Lufthansa Cargo Airbus A321 freighter

Source: Lufthansa Cargo

Lufthansa Cargo still expected to deliver ‘good profit’ despite weakening in freight market

Revenue and profits dropped at Lufthansa Cargo after record highs posted during the pandemic amid a weakening in the cargo market as bellyhold capacity from passenger aircraft returned.

Spohr though says: ”While the cargo market has somewhat normalised further in the quarter, average yields are still solidly above pre-crisis levels. Therefore in the long-term, 2023 will be a year with good results also for Lufthansa Cargo.”

PILOTS' DEAL TO HELP GROWTH

Spohr also cites progress in its labour agreements, saying it has struck more than 20 agreements with 10 unions in five countries over the past year.  It has now put forward a new long-term offer aimed at reaching terms with pilots at Lufthansa’s mainline and cargo operations.

"We were in more or less 12 months of intensive dialogue with our pilots of the main airline,” says Spohr. “Constructive dialogue, difficult negotiations, but nevertheless we now have a result which by the current voting of the pilots will then be turned into an agreement.” 

The offer includes a 7% salary increase in December, and 5% rises at the start of 2025 and 2026. “The upside for us is this is a fairly long period of stability and peace,” Spohr says. ”This will not requrie any change of our financial targets. We think it is a result we can live with and have handed that over [for a vote].”

He adds: ”There is a special element in there that will allow us to re-integrate pilots from the closed-down operation of Germanwings into the mainline, which will also allow to grow capacity in the summer of 2024 -- which we are looking forward to because there is strong demand.”

Lufthansa capacity in the third quarter will be at 88% of pre-pandemic levels, though for the year as a whole it will be at 85%.

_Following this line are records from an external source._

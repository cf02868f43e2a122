-- ===== src/Session/Compile/Passes.antt =====
-- core/session.ts: the passes of `compile` keep a graph closed: each dependency names one of its
-- actions.
pub mod Renaming
use sqlanvil.Base.{
  Text, text_eq, Option, none, some, Bool, true, false, not, ◌&&◌, ◌||◌, if◌then◌else◌, List, [],
  ◌∷◌, ◌++◌, map, filter_by, contains, contains-append, any, All, ◌≡◌, ◌⊎◌, refl, ap, sym, ◌∙◌,
  arith, Bool-cases, inl, inr, subst, ==_iff,
}
use sqlanvil.Targets.{Target, target_eq}
use sqlanvil.Session.Graph.{ActionProto, CompiledGraph, CompilationError, targets_of}
use sqlanvil.Session.Extracts.{
  referring_actions, remove_unreferenced_extracts, drop_pruned, pruned_targets, has_extracts,
}
use sqlanvil.Session.Extracts.Laws.{is_referenced, remove_unreferenced_extracts_lem}
use sqlanvil.Session.Unique.{
  remove_non_unique_actions, filtered_actions, is_unique_action, uniqueness_errors, keep_unique,
}
use sqlanvil.Session.Unique as Unique
use sqlanvil.Session.Depend.Laws.{append-nil_iff}
use sqlanvil.Session.Create.{
  tables, operations, assertions, declarations, tests, notebooks, data_preparations, exports,
  imports, Chunk, extracts, scripts,
}
use sqlanvil.Session.Compile.{passed_actions, map_actions}
use sqlanvil.Session.Compile.Closed.{IsWithin}
use sqlanvil.Session.Compile.Lists.{all_targets, chunk_list, in_chunk}

All-left {ℓ κ} : {A : Type ℓ} (P : A → Type κ) (xs ys : List A) → All P (xs ++ ys) → All P xs
All-left P [] ys h = tt
All-left P (x ∷ xs) ys h = (h.0, All-left P xs ys h.1)

All-right {ℓ κ} : {A : Type ℓ} (P : A → Type κ) (xs ys : List A) → All P (xs ++ ys) → All P ys
All-right P [] ys h = h
All-right P (x ∷ xs) ys h = All-right P xs ys h.1

All-both {ℓ κ} :
    {A : Type ℓ} (P : A → Type κ) (xs ys : List A) → All P xs → All P ys → All P (xs ++ ys)
All-both P [] ys hx hy = hy
All-both P (x ∷ xs) ys hx hy = (hx.0, All-both P xs ys hx.1 hy)

All-under {ℓ κ} :
    {A : Type ℓ} (P : A → Type κ) (xs ys zs : List A)
    → (All P ys → All P zs)
    → All P (xs ++ ys)
    → All P (xs ++ zs)
All-under P xs ys zs f h = All-both P xs zs (All-left P xs ys h) (f (All-right P xs ys h))

-- What holds of the actions of the passes holds of those that the extracts are kept for.
pub All-referring {κ} :
    (P : ActionProto → Type κ) (g : CompiledGraph)
    → All P (passed_actions g)
    → All P (referring_actions g)
All-referring P g = All-under P g.tables _ _ (
    All-under P g.assertions _ _ (
      All-under P g.operations _ _ (
        All-under P g.notebooks _ _ (
          All-under P g.data_preparations _ _
            (All-under P g.exports _ _ (All-under P g.imports _ _ (All-right P g.extracts _)))))))

split_targets :
    (xs ys : List ActionProto) (t : Target)
    → contains (targets_of (xs ++ ys)) t ≡ true
    → (contains (targets_of xs) t ≡ true) ⊎ (contains (targets_of ys) t ≡ true)
split_targets [] ys t h = inr h
split_targets (x ∷ xs) ys t h = ground (arith, h, split_targets xs ys t)

abbrev pub IsFound : CompiledGraph → Target → Type 0
IsFound g t = (k : Chunk) × (contains (targets_of (chunk_list g k)) t ≡ true)

find_or :
    (g : CompiledGraph) (k : Chunk) (ys : List ActionProto) (t : Target)
    → (contains (targets_of ys) t ≡ true → IsFound g t)
    → contains (targets_of (chunk_list g k ++ ys)) t ≡ true
    → IsFound g t
find_or g k ys t rest h = elim (split_targets (chunk_list g k) ys t h) [
  | inl here ↦ (k, here)
  | inr there ↦ rest there
]

find_passed :
    (g : CompiledGraph) (t : Target)
    → contains (targets_of (passed_actions g)) t ≡ true
    → IsFound g t
find_passed g t = find_or g tables _ t (
    find_or g assertions _ t (
      find_or g operations _ t (
        find_or g notebooks _ t (
          find_or g data_preparations _ t (
            find_or g exports _ t (
              find_or g imports _ t
                (find_or g extracts _ t (find_or g scripts _ t (λ h. (tests, h))))))))))

-- A target of the graph stands in one of its lists.
pub from_chunk : (g : CompiledGraph) (t : Target) → contains (all_targets g) t ≡ true → IsFound g t
from_chunk g t h = elim (Bool-cases (contains (targets_of (passed_actions g)) t)) [
  | inl passed ↦ find_passed g t passed
  | inr declared_ ↦ (
    declarations,
    ground (
      arith,
      h,
      declared_,
      contains-append (targets_of (passed_actions g)) (targets_of g.declarations) t,
    ),
  )
]

-- Each dependency of an action other than an extract is the target of an action of the graph.
abbrev pub IsClosed : CompiledGraph → Type 0
IsClosed g =
    All (λ (a : ActionProto). IsWithin (all_targets g) a.dependency_targets) (referring_actions g)

-- `removeUnreferencedExtracts` writes to the extracts and the targets only.
abbrev with_extracts : CompiledGraph → CompiledGraph → CompiledGraph
with_extracts g h = record g { extracts = h.extracts; targets = h.targets }

drop_pruned-shape :
    (ts : List Target) (g : CompiledGraph) → drop_pruned ts g ≡ with_extracts g (drop_pruned ts g)
drop_pruned-shape [] g = refl
drop_pruned-shape (t ∷ ts) g = refl

if-shape :
    (b : Bool) (g h : CompiledGraph)
    → h ≡ with_extracts g h
    → (if b then h else g) ≡ with_extracts g (if b then h else g)
if-shape true g h e = e
if-shape false g h e = refl

remove-shape :
    (g : CompiledGraph)
    → remove_unreferenced_extracts g ≡ with_extracts g (remove_unreferenced_extracts g)
unfolding remove_unreferenced_extracts
remove-shape g = if-shape (has_extracts g.extracts) g _ (drop_pruned-shape (pruned_targets g) g)

contains-referenced :
    (actions xs : List ActionProto) (t : Target)
    → is_referenced actions t ≡ true
    → contains (targets_of xs) t ≡ true
    → contains (targets_of (filter_by (λ (e : ActionProto). is_referenced actions e.target) xs)) t
      ≡ true
contains-referenced actions [] t r h = h
contains-referenced actions (x ∷ xs) t r h =
    ground (arith, r, h, contains-referenced actions xs t r, ==_iff t x.target)

-- A target that some action depends on stays in the graph.
remove-keeps :
    (g : CompiledGraph) (t : Target)
    → is_referenced (referring_actions g) t ≡ true
    → contains (all_targets g) t ≡ true
    → contains (all_targets (remove_unreferenced_extracts g)) t ≡ true
remove-keeps g t r h =
    let (k, there) = from_chunk g t h in
    rw (remove-shape g)
      (in_chunk (with_extracts g (remove_unreferenced_extracts g)) k t (kept_in k there))
  where
    kept_in :
        (k : Chunk)
        → contains (targets_of (chunk_list g k)) t ≡ true
        → contains (targets_of (chunk_list (with_extracts g (remove_unreferenced_extracts g)) k)) t
          ≡ true
    kept_in extracts there =
        rw ((remove_unreferenced_extracts_lem g).0)
          (contains-referenced (referring_actions g) g.extracts t r there)
    kept_in tables there = there
    kept_in operations there = there
    kept_in assertions there = there
    kept_in declarations there = there
    kept_in tests there = there
    kept_in notebooks there = there
    kept_in data_preparations there = there
    kept_in exports there = there
    kept_in imports there = there
    kept_in scripts there = there

-- The targets that an action depends on are referenced.
IsWithin-referenced :
    (all more : List Target) (actions : List ActionProto)
    → ((t : Target)
        → is_referenced actions t ≡ true
        → contains all t ≡ true
        → contains more t ≡ true)
    → All (λ (a : ActionProto). IsWithin all a.dependency_targets) actions
    → All (λ (a : ActionProto). IsWithin more a.dependency_targets) actions
IsWithin-referenced all more actions keeps = go actions (λ t h. h)
  where
    deps :
        (ds : List Target)
        → ((t : Target) → contains ds t ≡ true → is_referenced actions t ≡ true)
        → IsWithin all ds
        → IsWithin more ds
    deps [] sub h = tt
    deps (d ∷ ds) sub (h, hs) = (
      keeps d (sub d (ground (arith, ==_iff d d))) h,
      deps ds (λ t e. sub t (ground (arith, e))) hs,
    )

    go :
        (rest : List ActionProto)
        → ((t : Target) → is_referenced rest t ≡ true → is_referenced actions t ≡ true)
        → All (λ (a : ActionProto). IsWithin all a.dependency_targets) rest
        → All (λ (a : ActionProto). IsWithin more a.dependency_targets) rest
    go [] sub h = tt
    go (a ∷ rest) sub (h, hs) = (
      deps a.dependency_targets (λ t e. sub t (ground (arith, e))) h,
      go rest (λ t e. sub t (ground (arith, e))) hs,
    )

pub IsClosed-remove : (g : CompiledGraph) → IsClosed g → IsClosed (remove_unreferenced_extracts g)
IsClosed-remove g h =
    let same : referring_actions (remove_unreferenced_extracts g) ≡ referring_actions g =
      ap referring_actions (remove-shape g) in
    rw same (
      IsWithin-referenced (all_targets g) (all_targets (remove_unreferenced_extracts g))
        (referring_actions g) (remove-keeps g) h)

That it is still moving toward restoring full pre-pandemic capacity levels is one reason why Spohr believes it can profitably add capacity in 2024, together with the efficiency gains from removing operational buffers added this year.

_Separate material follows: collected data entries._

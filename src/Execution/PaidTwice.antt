-- ===== src/Execution/PaidTwice.antt =====
-- A request that is sent again to a new leader, which holds the first try in its log.
use raft_distributed_consens.Execution.{ℤ, apply_entries, fetch_entries}
use raft_distributed_consens.Execution.Accounts.{Represents}
use raft_distributed_consens.Execution.Batch.{
  IsSafe, ledger_step, AllSafe, Resumes, ledger_run, apply_entries_refines,
}
use raft_distributed_consens.Execution.Ledger.{Ledger, transferred}
use raft_distributed_consens.Replication.{read_entries}
use raft_distributed_consens.Requests.{
  find_callback, process_client_request, early_response, append_request, new_entry,
}
use raft_distributed_consens.Storage.Log.{at-append_log, get_log_entry-append_log}
use raft_distributed_consens.Storage.{
  read_int, nonneg, append_log, get_balance, get_log_entry, get_request_result,
  get_last_applied_index,
}
use raft_distributed_consens.Storage.Keys.{acct, sys_last_applied}
use raft_distributed_consens.Node.{Node, leader}
use raft_distributed_consens.Messages.{LogEntry, RequestType, ClientRequest}
use raft_distributed_consens.External.{External}
use raft_distributed_consens.Prelude.{
  ℕ, ◌+◌, ◌-◌, ◌<◌, ◌≤◌, min, some, none, [], ◌∷◌, pos, Bytes, bytes_eq, bytes_eq_iff, is_empty,
  int_bound, Option, ◌>>=◌, ◌≡◌, refl, arith, false, ◌∙◌, ap, subst, sym,
}

-- Two transfers of `m`, one after the other.
transferred_twice :
    (b : Ledger) (sender receiver : Bytes) (m : ℕ)
    → bytes_eq sender receiver ≡ false
    → m + m ≤ b sender
    → transferred (transferred b sender receiver m) sender receiver m sender ≡ b sender - (m + m)
transferred_twice b sender receiver m differ funds =
    ground (
      arith,
      bytes_eq_iff sender receiver,
      bytes_eq_iff receiver sender,
      bytes_eq_iff sender sender,
    )

ledger_step-transfer :
    (b : Ledger) (t : RequestType) (cmd : ClientRequest) (m : ℕ)
    → t ≡ RequestType.transfer
    → cmd.amount ≡ pos m
    → ledger_step b t cmd ≡ transferred b cmd.sender_id cmd.receiver_id m
ledger_step-transfer b t cmd m is_transfer amount =
    ap (λ (k : RequestType). ledger_step b k cmd) is_transfer
    ∙ ap (λ (z : ℤ). ledger_step b RequestType.transfer (record cmd { amount = z })) amount

transfer-IsSafe :
    (b : Ledger) (t : RequestType) (cmd : ClientRequest) (m : ℕ)
    → t ≡ RequestType.transfer
    → cmd.amount ≡ pos m
    → b cmd.receiver_id + m < int_bound
    → IsSafe b t cmd
transfer-IsSafe b t cmd m is_transfer amount bound =
    subst (λ k. IsSafe b k cmd) (sym is_transfer) (m, amount, bound)

-- The two entries are safe to run on the ledger.
twice-AllSafe :
    (b : Ledger) (e e' : LogEntry) (m : ℕ)
    → e.command ≡ e'.command
    → e.command.type ≡ RequestType.transfer
    → e.command.amount ≡ pos m
    → b e.command.receiver_id + (m + m) < int_bound
    → e.index < int_bound
    → e'.index < int_bound
    → AllSafe b (e ∷ e' ∷ [])
twice-AllSafe b e e' m same t amount bound low high =
    let cmd = e.command in
    let step = ledger_step-transfer b cmd.type cmd m t amount in
    let credited : ledger_step b cmd.type cmd cmd.receiver_id + m < int_bound =
      rw step (ground (arith, bytes_eq_iff cmd.receiver_id cmd.receiver_id)) in
    (
      transfer-IsSafe b cmd.type cmd m t amount (omega arith),
      low,
      (
        subst (λ (c : ClientRequest). IsSafe (ledger_step b cmd.type cmd) c.type c) same
            (transfer-IsSafe (ledger_step b cmd.type cmd) cmd.type cmd m t amount credited),
        high,
        tt,
      ),
    )

module _ {Db : Type 0} ⦃env : External Db⦄ where
  -- The leader with the request at the end of its log, as if all of its log were committed.
  abbrev grown : Node Db → ClientRequest → ℕ → Node Db
  grown n req callback = record n {
    storage = append_log n.storage (new_entry n req);
    last_log_index = n.last_log_index + 1;
    last_log_term = n.current_term;
    pending_callbacks = (req.request_id, callback) ∷ n.pending_callbacks;
  }

  process_client_request-grown :
      (n : Node Db) (req : ClientRequest) (callback : ℕ)
      → n.state ≡ leader
      → get_request_result n.storage req.request_id ≡ []
      → find_callback req.request_id n.pending_callbacks ≡ none
      → (process_client_request n req callback).0 ≡ grown n req callback
  unfolding process_client_request early_response append_request is_empty
  process_client_request-grown n req callback leads unknown idle = ground arith

  abbrev pub all_committed : Node Db → Node Db
  all_committed n = record n { commit_index = n.last_log_index }

  fetch_entries-grown :
      (n : Node Db) (e : LogEntry) (callback : ℕ)
      → n.last_log_index ≡ n.last_applied + 1
      → get_log_entry n.storage n.last_log_index ≡ e
      → fetch_entries (all_committed (grown n e.command callback)) ≡ e ∷ new_entry n e.command ∷ []
  unfolding fetch_entries read_entries
  fetch_entries-grown n e callback last held =
      let e' : LogEntry = new_entry n e.command in
      let s' = append_log n.storage e' in
      let two : min 100 (n.last_log_index + 1 - n.last_applied) ≡ 2 = omega (arith, last) in
      let first : get_log_entry s' (n.last_applied + 1) ≡ e =
        ap (λ (i : ℕ). get_log_entry s' i) (sym last)
        ∙ get_log_entry-append_log n.storage e' n.last_log_index
        ∙ ground (arith, held) in
      let after : n.last_applied + 1 + 1 ≡ n.last_log_index + 1 = omega (arith, last) in
      let second : get_log_entry s' (n.last_applied + 1 + 1) ≡ e' =
        ap (λ (i : ℕ). get_log_entry s' i) after
        ∙ get_log_entry-append_log n.storage e' (n.last_log_index + 1)
        ∙ ground arith in
      rw (two, first, second) refl

  grown-Represents :
      (n : Node Db) (b : Ledger) (req : ClientRequest) (callback : ℕ)
      → Represents n.storage b
      → Represents (grown n req callback).storage b
  unfolding get_balance
  grown-Represents n b req callback r a =
      ap (read_int (pos 0)) (at-append_log n.storage (new_entry n req) (acct a)) ∙ r a

  grown-Resumes :
      (n : Node Db) (req : ClientRequest) (callback : ℕ)
      → Resumes n.storage n.last_applied
      → Resumes (grown n req callback).storage n.last_applied
  unfolding get_last_applied_index
  grown-Resumes n req callback resumes =
      ap (λ (o : Option Bytes). do z ← read_int (pos 0) o; nonneg z)
        (at-append_log n.storage (new_entry n req) sys_last_applied)
      ∙ resumes

  -- A client that gets no answer sends its transfer again, to a new leader that has the first try as
  -- the last entry of its log, not yet applied. The leader does not know the request, as it keeps
  -- callbacks only of requests that it was handed itself and results only of entries that are
  -- applied. So it appends the transfer again, and when both entries are committed the executor
  -- applies both: the sender pays twice. The sender has twice the amount, the receiver is another
  -- account, and its balance and the indices stay in the range of `int`.
  pub retry_paid_twice :
      (n : Node Db) (b : Ledger) (e : LogEntry) (m callback : ℕ)
      → n.state ≡ leader
      → n.last_log_index ≡ n.last_applied + 1
      → get_log_entry n.storage n.last_log_index ≡ e
      → e.index ≡ n.last_log_index
      → get_request_result n.storage e.command.request_id ≡ []
      → find_callback e.command.request_id n.pending_callbacks ≡ none
      → Represents n.storage b
      → Resumes n.storage n.last_applied
      → e.command.type ≡ RequestType.transfer
      → e.command.amount ≡ pos m
      → bytes_eq e.command.sender_id e.command.receiver_id ≡ false
      → m + m ≤ b e.command.sender_id
      → b e.command.receiver_id + (m + m) < int_bound
      → n.last_log_index + 1 < int_bound
      → let n' = all_committed (process_client_request n e.command callback).0 in
        (n'' : Node Db) × (apply_entries n' (fetch_entries n') ≡ some n'')
        × (get_balance n''.storage e.command.sender_id
            ≡ some (pos (b e.command.sender_id - (m + m))))
  retry_paid_twice n b e m callback leads last held own unknown idle r resumes t amount differ funds
        bound room =
      let e' : LogEntry = new_entry n e.command in
      let n' = all_committed (grown n e.command callback) in
      let (n'', run, r'', resumes'', applied) =
        apply_entries_refines (e ∷ e' ∷ []) n' b (grown-Represents n b e.command callback r)
          (twice-AllSafe b e e' m refl t amount bound (omega arith) (omega arith))
          (own ∙ last, (ap (λ (i : ℕ). i + 1) last, tt))
          (grown-Resumes n e.command callback resumes) in
      let paid : ledger_run b (e ∷ e' ∷ []) e.command.sender_id ≡ b e.command.sender_id - (m + m) =
        let cmd = e.command in
        let step : (c : Ledger)
            → ledger_step c cmd.type cmd ≡ transferred c cmd.sender_id cmd.receiver_id m =
          λ c. ledger_step-transfer c cmd.type cmd m t amount in
        ap (λ (c : Ledger). ledger_step c cmd.type cmd cmd.sender_id) (step b)
        ∙ ap (λ (c : Ledger). c cmd.sender_id)
            (step (transferred b cmd.sender_id cmd.receiver_id m))
        ∙ transferred_twice b cmd.sender_id cmd.receiver_id m differ funds in
      rw (process_client_request-grown n e.command callback leads unknown idle) (
        n'',
        rw (fetch_entries-grown n e callback last held) run,
        r'' e.command.sender_id ∙ ap (λ (i : ℕ). some (pos i)) paid,
      )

Spohr also notes the slower post-pandemic reopening of some markets means there are still profitable routes, particular for premium travel, where it can add capacity.

"We will be adding routes which have a corporate focus. First of all China, more than doubling our capacity into China which has a high share of corporate [travellers] but we couldn’t fly there already,” he says. “Some of the routes we are adding, we can now add because there is sufficient corporate demand that we wouldn't have had two years ago.”

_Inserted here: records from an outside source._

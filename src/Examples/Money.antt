-- ===== src/Examples/Money.antt =====
-- A store in which account 1 holds 100, and what the executor does with it.
use raft_distributed_consens.Examples.Nodes.{holder, first_entry, payment}
use raft_distributed_consens.Examples.Environment.{Pairs, environment}
use raft_distributed_consens.Execution.Rounds.{
  executor_round, transfer_answered, refused_retry_succeeds,
}
use raft_distributed_consens.Execution.Batch.{AllSafe, Resumes, ledger_run}
use raft_distributed_consens.Execution.Money.{transfer_conserves, self_transfer_mints}
use raft_distributed_consens.Execution.Accounts.{Represents, transfer_refines}
use raft_distributed_consens.Execution.Ledger.{Ledger, transferred, transfer_message, total}
use raft_distributed_consens.Execution.{execute_entry, apply_entry, apply_entries, fetch_entries}
use raft_distributed_consens.Requests.{find_callback, process_client_request, early_response}
use raft_distributed_consens.Execution.PaidTwice.{retry_paid_twice, all_committed}
use raft_distributed_consens.Replication.{read_entries}
use raft_distributed_consens.Replication.Leader.{Indexed}
use raft_distributed_consens.Storage.Log.{at-append_log, get_log_entry-append_log}
use raft_distributed_consens.Storage.Keys.{
  key_bytes, acct, req, sys_last_applied, bytes_eq-key_bytes,
}
use raft_distributed_consens.Storage.{
  Store, get_request_result, result_of, at, append_log, get_balance, read_int,
  get_last_applied_index, nonneg,
}
use raft_distributed_consens.Node.{Node, leader}
use raft_distributed_consens.Messages.{LogEntry, ClientResponse}
use raft_distributed_consens.Text.RoundTrip.{stoi-to_string}
use raft_distributed_consens.Text.{to_string}
use raft_distributed_consens.Prelude.{
  [], ◌∷◌, ◌-◌, none, some, pos, ◌≡◌, ◌+◌, refl, arith, leb, ap, sym, subst, if◌then◌else◌, min,
  codes, bytes_eq, Bytes, ◌∙◌, Option, ◌>>=◌, minus_one, true,
}

abbrev rich : Store Pairs
rich = record {
  db =
      (key_bytes (acct (codes "1")), to_string (pos 100))
      ∷ (key_bytes sys_last_applied, to_string (pos 0))
      ∷ [];
  last_log_index_cache = 0;
}

abbrev balances : Ledger
balances a = if bytes_eq (codes "1") a then 100 else 0

rich-Represents : Represents rich balances
unfolding get_balance read_int
rich-Represents a =
    rw
      (bytes_eq-key_bytes (acct (codes "1")) (acct a), bytes_eq-key_bytes sys_last_applied (acct a))
      (ground (arith, stoi-to_string (pos 100) (omega arith)))

rich-Resumes : Resumes rich 0
unfolding get_last_applied_index read_int
rich-Resumes =
    rw
      (
        bytes_eq-key_bytes (acct (codes "1")) sys_last_applied,
        bytes_eq-key_bytes sys_last_applied sys_last_applied,
      )
      (ground (arith, stoi-to_string (pos 0) (omega arith)))

-- The same store behind a log with a payment of 30.
abbrev store : Store Pairs
store = append_log rich first_entry

store-Represents : Represents store balances
unfolding get_balance
store-Represents a =
    ap (read_int (pos 0)) (at-append_log rich first_entry (acct a)) ∙ rich-Represents a

store-Resumes : Resumes store 0
unfolding get_last_applied_index
store-Resumes =
    ap (λ (o : Option Bytes). do z ← read_int (pos 0) o; nonneg z)
      (at-append_log rich first_entry sys_last_applied)
    ∙ rich-Resumes

abbrev payer : Node Pairs
payer = record holder {
  storage = store;
  commit_index = 1;
  state = leader;
  pending_callbacks = (codes "r1", 4) ∷ [];
}

store-Indexed : Indexed store 0 1
store-Indexed j low high = ground (arith, get_log_entry-append_log rich first_entry j)

fetched : fetch_entries payer ≡ first_entry ∷ []
unfolding fetch_entries read_entries
fetched = ap (λ (e : LogEntry). e ∷ []) (get_log_entry-append_log rich first_entry 1)

payment-AllSafe : AllSafe balances (first_entry ∷ [])
unfolding bytes_eq
payment-AllSafe = ((30, refl, omega arith), omega arith, tt)

executor_round_example :
    (n' : Node Pairs) × (apply_entries payer (fetch_entries payer) ≡ some n')
    × Represents n'.storage (ledger_run balances (fetch_entries payer))
    × Resumes n'.storage n'.last_applied
    × (n'.last_applied ≡ min (0 + 100) 1)
executor_round_example =
    executor_round payer balances store-Represents
      (subst (AllSafe balances) (sym fetched) payment-AllSafe) (omega arith) store-Indexed
      store-Resumes

transfer_refines_example :
    (s' : Store Pairs) × (execute_entry rich first_entry
      ≡ some (s', transfer_message balances (codes "1") 30))
    × Represents s' (transferred balances (codes "1") (codes "2") 30)
unfolding bytes_eq
transfer_refines_example =
    transfer_refines rich balances first_entry 30 rich-Represents refl refl (omega arith)

transfer_conserves_example :
    (s' : Store Pairs) × (msg : Bytes) × (b' : Ledger) × (execute_entry rich first_entry
      ≡ some (s', msg))
    × Represents s' b'
    × (total b' (codes "1" ∷ codes "2" ∷ []) ≡ total balances (codes "1" ∷ codes "2" ∷ []))
unfolding bytes_eq
transfer_conserves_example =
    transfer_conserves rich balances first_entry 30 (codes "1" ∷ codes "2" ∷ []) rich-Represents
      refl refl (omega arith) refl (refl, (refl, tt)) refl refl

transfer_answered_example :
    (n' : Node Pairs) × (response : ClientResponse) × (apply_entry payer first_entry
      ≡ some (n', some (4, response)))
    × (response.success ≡ leb 30 (balances (codes "1")))
    × (find_callback (codes "r1") n'.pending_callbacks ≡ none)
unfolding find_callback bytes_eq
transfer_answered_example =
    transfer_answered payer balances first_entry 30 4 store-Represents refl refl (omega arith) refl

abbrev to_self : LogEntry
to_self = record first_entry { command = record payment { receiver_id = codes "1" } }

self_transfer_mints_example :
    (s' : Store Pairs) × (execute_entry rich to_self ≡ some (s', codes "Success"))
    × (get_balance s' (codes "1") ≡ some (pos (balances (codes "1") + 30)))
unfolding bytes_eq
self_transfer_mints_example =
    self_transfer_mints rich balances to_self 30 rich-Represents refl refl refl (omega arith)
      (omega arith)

-- The same node as a new leader, which has no callback of the payment that it holds.
abbrev elected : Node Pairs
elected = record payer { pending_callbacks = []; commit_index = 0 }

unknown_payment : get_request_result store (codes "r1") ≡ []
unfolding get_request_result result_of
unknown_payment =
    let absent : at rich (req (codes "r1")) ≡ none =
      rw
        (
          bytes_eq-key_bytes (acct (codes "1")) (req (codes "r1")),
          bytes_eq-key_bytes sys_last_applied (req (codes "r1")),
        )
        refl in
    ap (λ (o : Option Bytes). (result_of environment.proto o).result_message)
      (at-append_log rich first_entry (req (codes "r1")) ∙ absent)

retry_paid_twice_example :
    let n' = all_committed (process_client_request elected payment 9).0 in
    (n'' : Node Pairs) × (apply_entries n' (fetch_entries n') ≡ some n'')
    × (get_balance n''.storage (codes "1") ≡ some (pos (balances (codes "1") - (30 + 30))))
unfolding bytes_eq find_callback
retry_paid_twice_example =
    retry_paid_twice elected balances first_entry 30 9 refl refl
      (get_log_entry-append_log rich first_entry 1) refl unknown_payment refl store-Represents
      store-Resumes refl refl refl (omega arith) (omega arith) (omega arith)

-- Account 2 has nothing to pay with.
abbrev unfunded : LogEntry
unfunded = record first_entry {
  command = record payment { sender_id = codes "2"; receiver_id = codes "1" };
}

refused_retry_succeeds_example :
    (s' : Store Pairs) × (execute_entry store unfunded ≡ some (s', codes "Insufficient Funds"))
    × (early_response (record payer { storage = s' }) unfunded.command
        ≡ some (record {
          success = true;
          result = codes "Insufficient Funds";
          leader_hint = minus_one;
        }))
unfolding bytes_eq
refused_retry_succeeds_example =
    refused_retry_succeeds payer balances unfunded 30 store-Represents refl refl (omega arith)
      (omega arith) refl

Alongside the profit forecast for this year, Lufthansa says it represents a positive step towards its 2024 target of an adjusted EBIT margin of at least 8%. While Spohr and Steenbergen are upbeat on the carrier’s position, this is not yet reflected in a share price which has fallen over the past six months.

“I don’t get it,” Steenbergen admits when asked about the market reaction. “Since I’m around [as CFO], almost three years now, I think we have consistently delivered on the promises we have put along.

“I think on our end, what we will do is consistently continue to deliver on what we say,” he adds. ”We think we have given a lot of data points, particularly with constraints in the supply chain that continue for quite a bit longer – certainly through 24 – that there is no logical reason at all that our profitability will deteriorate.”